Communication is the key. Jukka, one of my mentors, told me that it was always hard to come up with the perfect design at first as requirements and needs develop all the time. To face this developing nature, we communicated a lot. I had daily syncs with my mentors through Gitter chat, weekly meetings with Jukka, and monthly meetings with both Jukka and Sully. In all these meetings, I shared recent progress, they helped me remove any blockers, and we discussed component designs. I am one-hundred percent sure that this project would never have been this successful without such frequent and effective communication.

After the Summer

I completed this project and submitted the required materials in early September, with around 60 PRs merged into the repository. To me, the GSoC project ended pretty well, I received the certificate from Google as well as some stipends. More importantly, I've demonstrated my passion and skills to contribute to this organization more than just a community contributor. I was honored to become one of mypy's committers. That means a lot to me and I am looking forward to contributing more to the community.

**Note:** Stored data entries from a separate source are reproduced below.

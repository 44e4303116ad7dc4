-- ===== src/Examples/Queues.antt =====
-- A run of the channels to the detector worker (DetectorIngress of
-- crates/speech-core-daemon/src/detectors/mod.rs).
use speech_core.Base.{[], ◌∷◌, ◌++◌, ◌≡◌, refl, max, ltb, length, true}
use speech_core.Turn.Local.{hello_ids}
use speech_core.Worker.Commands.{start_detection, audio_frame, end_detection, shutdown}
use speech_core.Worker.Queue.{
  QueueState, taking_controls, new_queue, start_request, end_request, shutdown_request, command_of,
  send_request, offer_frame, handle_next, after_all, take_control, loop_step, is_end_session,
}
use speech_core.Worker.Histories.{
  Delivered, begun, requested, taken_in, stepped, controls_in, frames_in,
}
use speech_core.Worker.Order.{loop_step-end_detection}
use speech_core.Worker.Thread.{end_thread}
use speech_core.Worker.Stopped.{ThreadEnd, end_thread-ThreadEnd}
use speech_core.Worker.Interfaces.{vad_detector}
use speech_core.Examples.Vads.{vad_env}
use speech_core.Examples.Workers.{never_complete, worker_env, busy}
use speech_core.Examples.Data.{hello, frame}

abbrev started_queue : QueueState
started_queue = send_request (start_request hello) new_queue

abbrev heard_queue : QueueState
heard_queue = offer_frame 4 true frame 7 started_queue

-- The loop has taken the start of the session, and its end and a frame wait.
abbrev ending_queue : QueueState
ending_queue = loop_step (send_request (end_request hello "left") heard_queue)

room : ltb (length started_queue.audio) (max 4 1) ≡ true
unfolding send_request new_queue
room = refl

history :
    Delivered
      (start_detection hello ∷ end_detection (hello_ids hello) "left" ∷ [])
      (audio_frame frame 7 ∷ [])
      ending_queue
unfolding command_of
history = stepped _ _ _ (
    requested (end_request hello "left") _ _ _
      (taken_in 4 7 true frame _ _ _ (requested (start_request hello) _ _ _ begun) room))

ending_phase : ending_queue.phase ≡ taking_controls
unfolding loop_step take_control handle_next send_request offer_frame new_queue command_of
    is_end_session
ending_phase = refl

ending_first : ending_queue.control ≡ end_detection (hello_ids hello) "left" ∷ []
unfolding loop_step take_control handle_next send_request offer_frame new_queue command_of
    is_end_session
ending_first = refl

loop_step-end_detection_example :
    ((loop_step ending_queue).handled
      ≡ end_detection (hello_ids hello) "left" ∷ after_all ending_queue.audio ending_queue.handled)
    × (frames_in (loop_step ending_queue).handled ≡ audio_frame frame 7 ∷ [])
    × (controls_in (loop_step ending_queue).handled ++ []
        ≡ start_detection hello ∷ end_detection (hello_ids hello) "left" ∷ [])
loop_step-end_detection_example =
    loop_step-end_detection (hello_ids hello) "left" []
      (start_detection hello ∷ end_detection (hello_ids hello) "left" ∷ [])
      (audio_frame frame 7 ∷ []) ending_queue history ending_phase ending_first

-- A session is started, and then the worker is shut down.
abbrev stopped_queue : QueueState
stopped_queue = loop_step (send_request shutdown_request (loop_step started_queue))

shutdown_history : Delivered (start_detection hello ∷ shutdown ∷ []) [] stopped_queue
unfolding command_of
shutdown_history =
    stepped _ _ _ (
      requested shutdown_request _ _ _
        (stepped _ _ _ (requested (start_request hello) _ _ _ begun)))

stopped_test : stopped_queue.handled ≡ shutdown ∷ start_detection hello ∷ []
unfolding loop_step take_control handle_next send_request new_queue command_of is_end_session
stopped_test = refl

end_thread-ThreadEnd_example : ThreadEnd stopped_queue.handled (
    end_thread ⦃detector = vad_detector vad_env⦄ ⦃smart = never_complete⦄ ⦃env = worker_env⦄
      stopped_queue busy)
end_thread-ThreadEnd_example =
    end_thread-ThreadEnd ⦃detector = vad_detector vad_env⦄ ⦃smart = never_complete⦄
      ⦃env = worker_env⦄ (λ _. refl) (start_detection hello ∷ shutdown ∷ []) [] stopped_queue busy
      shutdown_history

That's my story with mypy through the Google Summer of Code 2020. I hope this post will provide some useful information to future potential applicants including applicants of this year since mypy has officially been selected as one of this year’s organizations. If you have any questions regarding this post, feel free to send me an email and I will be more than happy to discuss.

Acknowledgements

I'd like to express my sincere gratitude to every person and organization that made my GSoC 2020 adventure possible. I'd like to firstly thank Google and mypy for providing me this opportunity.

Especially, I'd like to thank my mentors Jukka Lehtosalo and Michael Sullivan. We had daily syncs every day on Gitter and weekly/monthly video meetings via Zoom. In every discussion, they helped me clean my thoughts and find out the best approach to meet our goals. They responded quickly to my PRs, giving high-quality review comments and suggestions. They mentored me with patience and passion and I feel connected even though we are several timezones/continents away. Their guidance is even beyond the scope of the project and helps me form good software engineering skills along the way.

I also would like to thank my parents for supporting me working on this project and Yaozhu Sun from the University of Hong Kong, who lit my passion for the field of compilers and programming languages two years ago. Finally, I'd like to thank Kanemura Miku from Hinatazaka 46 for all the mental support during this special summer.

Disclaimer

All content of this post only represents the author's personal opinions. The post does not, in any degree, constitute the view or opinion from Google or the mypy community.